2001 : Un match d’anthologie entre Galileo et Fantastic Light

Par Christopher Galmiche

Pour n’importe quel passionné, l’édition 2001 des King George VI and Queen Elizabeth Stakes (Gr1) reste comme l’une des meilleures de l’histoire. Cette année-là, après ses triomphes dans les Derby anglais et irlandais (Grs1), le crack Galileo (Sadler’s Wells) affrontait Fantastic Light (Rahy), qui venait de gagner la Tattersalls Gold Cup (Gr1) et les Prince of Wales’s Stakes (Gr1). Sur le papier, le match promettait d’être géant. Et il l’a été, Galileo et Fantastic Light se rendant coup pour coup dans une ligne droite fabuleuse. Finalement, à la fin, le pensionnaire d’Aidan O’Brien a raison du cheval de Godolphin et s’impose de deux longueurs. Quelques semaines plus tard, en Irlande, Fantastic Light gagnera la deuxième manche contre Galileo, dans les Irish Champion Stakes (Gr1), là encore à l’issue d’un duel merveilleux. Galileo terminera sa carrière avec trois Grs1 à son palmarès, le titre de meilleur 3ans et un avenir radieux au haras.
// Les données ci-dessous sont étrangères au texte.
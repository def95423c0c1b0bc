-- ===== src/Client.antt =====
-- cmd/aldea: what the client's upload (Upload, put.go) and download (Download, get.go) share. The
-- calls of the tracker and of the storage nodes are the fields of `Services`, which Calls fills
-- with the HTTP requests; the state `W` is the network and all else outside the program.
pub mod Upload
pub mod Download
pub mod Messages
pub mod Calls
pub mod Ids
pub mod Network
pub mod Stored
pub mod Uploaded
pub mod Grouping
pub mod Recovered
pub mod Downloaded
pub mod RoundTrip
pub mod Serving
pub mod Samples
mod Tests
use aldea.Prelude.{
  ℕ, ◌≡◌, ◌&&◌, Bool, true, false, String, Option, none, some, List, [], ◌∷◌, ◌+◌, Result, ok, err,
  ◌>>=◌, or_fail, if◌then◌else◌, keep,
}
use aldea.Prelude.Int.{ℤ, pos, eqb_ℤ, ltb_ℤ}
use aldea.Prelude.Text.{str_eq, utf8, decimal_text, joined}
use aldea.Prelude.Eff.{Eff}
use aldea.Chunker.{ReassembleError}
use aldea.Config.{ClientConfig, ConfigError, decoded_salt}
use aldea.Crypto.{Aead, Argon2, derive_key}
use aldea.Erasure.{RsEncoder, default_data_shards, default_parity_shards}
use aldea.Tracker.{NodeMetadata, FileMetadata, ShardPlacement}

abbrev pub Bytes : Type 0
Bytes = List ℕ

pub data ClientError : Type 0 where
  config_failed salt_failed key_failed open_failed split_failed encoder_failed : ClientError
  encode_failed encrypt_failed reconstruct_failed create_failed : ClientError
  request_failed bad_status malformed_reply message_failed : ClientError
  index_panic : ClientError
  reassemble_failed : ReassembleError → ClientError

-- What the client asks of the network and of the system.
pub record Services (W : Type 0) : Type 0 where
  pub select_nodes : ℕ → Eff W ClientError (List NodeMetadata)
  pub put_shard : NodeMetadata → String → Bytes → Eff W ClientError (Unit {0})
  pub save_file_placement : FileMetadata → List ShardPlacement → Eff W ClientError (Unit {0})
  pub get_file_placement : String → Eff W ClientError (FileMetadata × List ShardPlacement)
  pub list_nodes : Eff W ClientError (List NodeMetadata)
  pub get_shard : NodeMetadata → String → Eff W ClientError Bytes
  -- `rand.Read` of so many bytes, and the clock in seconds.
  pub random : ℕ → W → W × Option Bytes
  pub clock : W → W × ℤ

-- The program's other third-party parts.
pub record Platform : Type 0 where
  pub sha256 : Bytes → Bytes
  pub argon2 : Argon2
  pub aead : Aead
  pub rs_new : ℕ → ℕ → Option RsEncoder
  pub decode_base64 : String → Option Bytes

-- An error of a callee, wrapped.
abbrev pub wrap : {E A : Type 0} → ClientError → Result E A → Result ClientError A
wrap e (ok a) = ok a
wrap e (err _) = err e

-- The first steps of both commands: the configuration and the key of the network's files.
unfoldable pub setup :
    Platform → Result ConfigError ClientConfig → Result ClientError (ClientConfig × Bytes)
setup p loaded = do
  cfg ← wrap config_failed loaded
  salt ← wrap salt_failed (decoded_salt p.decode_base64 cfg)
  key ← wrap key_failed (derive_key p.argon2 (utf8 cfg.network_key) salt)
  ok (cfg, key)

-- `"%s-c%d-s%d"`
unfoldable pub shard_id_of : String → ℤ → ℕ → String
shard_id_of file_id chunk i =
    joined (file_id ∷ "-c" ∷ decimal_text chunk ∷ "-s" ∷ decimal_text (pos i) ∷ [])
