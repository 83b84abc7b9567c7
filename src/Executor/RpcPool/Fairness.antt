-- ===== src/Executor/RpcPool/Fairness.antt =====
-- src/executor/rpc_pool.rs: every endpoint of a pool has its turn.
use native.Mathlib.Nat.{mod-lt, mod-eq_of_lt, mod-add-mod, add-mod-mod, add-mod_right}
use solana_atomic_arbitrage.Base.{
  ℕ, zero, suc, ◌+◌, ◌-◌, ◌%◌, ◌<◌, ◌≡◌, List, [], ◌∷◌, some, length, get_elem?, arith, refl, ap,
  sym, ◌∙◌,
}
use solana_atomic_arbitrage.Base.Checked.{u64_mod}
use solana_atomic_arbitrage.Executor.RpcPool.{RpcPool, advance, current, rotate, len}

-- The calls until the counter points at the first endpoint.
abbrev counter_gap : ℕ → ℕ → ℕ
counter_gap len counter = len - counter % len

-- The calls to wait until the counter points at `j`.
abbrev pub turn : ℕ → ℕ → ℕ → ℕ
turn len counter j = (counter_gap len counter + j) % len

turn_lem : (len counter j : ℕ) → j < len → (counter + turn len counter j) % len ≡ j
turn_lem len counter j h =
    add-mod-mod counter (counter_gap len counter + j) len
    ∙ sym (mod-add-mod counter len (counter_gap len counter + j))
    ∙ ap (λ n. n % len) (rejoined (mod-lt counter (omega arith)))
    ∙ add-mod_right j len
    ∙ mod-eq_of_lt h
  where
    rejoined : counter % len < len → counter % len + (counter_gap len counter + j) ≡ j + len
    rejoined r = omega arith

module _ {ℓ} {C : Type ℓ} where
  -- The pool after a number of calls of `current`.
  unfoldable pub after : ℕ → RpcPool C → RpcPool C
  after zero p = p
  after (suc n) p = after n (current p).0

  after-clients : (n : ℕ) (p : RpcPool C) → (after n p).clients ≡ p.clients
  unfolding after current advance
  after-clients zero p = refl
  after-clients (suc n) p = after-clients n (current p).0

  after-counter :
      (n : ℕ) (p : RpcPool C) → p.counter + n < u64_mod → (after n p).counter ≡ p.counter + n
  unfolding after current advance
  after-counter zero p h = omega arith
  after-counter (suc n) p h = omega (arith, after-counter n (current p).0 (omega arith))

  lt_of_found : (xs : List C) (i : ℕ) {c : C} → get_elem? xs i ≡ some c → i < length xs
  lt_of_found [] i h = cc
  lt_of_found (x ∷ xs) zero h = omega arith
  lt_of_found (x ∷ xs) (suc i) h = omega (arith, lt_of_found xs i h)

  -- For every endpoint of the pool, and a counter that does not wrap within one round, some number
  -- of further calls below the number of endpoints makes the next call return it.
  pub current-reaches :
      (p : RpcPool C) (j : ℕ) (c : C)
      → p.counter + length p.clients < u64_mod
      → get_elem? p.clients j ≡ some c
      → (n : ℕ) × (n < length p.clients) × ((current (after n p)).1 ≡ some c)
  unfolding current advance
  current-reaches p j c h found =
      let inside : j < length p.clients = lt_of_found p.clients j found in
      let wait = turn (length p.clients) p.counter j in
      let soon : wait < length p.clients = mod-lt _ (omega arith) in
      (
        wait,
        soon,
        rw (after-clients wait p) (
            rw (after-counter wait p (omega arith))
              (rw (turn_lem (length p.clients) p.counter j inside) found)),
      )

  -- In a pool of three endpoints whose counter does not wrap, the call that follows a call and a
  -- rotation returns the endpoint of the first call again.
  pub current-rotate_of_three :
      (p : RpcPool C) (a b c : C)
      → p.clients ≡ a ∷ b ∷ c ∷ []
      → p.counter + 3 < u64_mod
      → (current (rotate (current p).0).0).1 ≡ (current p).1
  unfolding current rotate advance
  current-rotate_of_three p a b c e h =
      let same : ((p.counter + 1) % u64_mod + 2) % u64_mod % 3 ≡ p.counter % 3 = omega arith in
      rw e (ap (λ i. get_elem? (a ∷ b ∷ c ∷ []) i) same)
Fantastic Light la finira avec six Grs1 sur son tableau de chasse. Un titre de meilleur cheval de l’année en Europe en 2001 et de meilleur mâle sur le turf aux États-Unis suite à son succès dans la Breeders’ Cup Turf (Gr1). Presque vingt ans après, les luttes entre ces deux chevaux d’exception habitent encore les passionnés les plus érudits.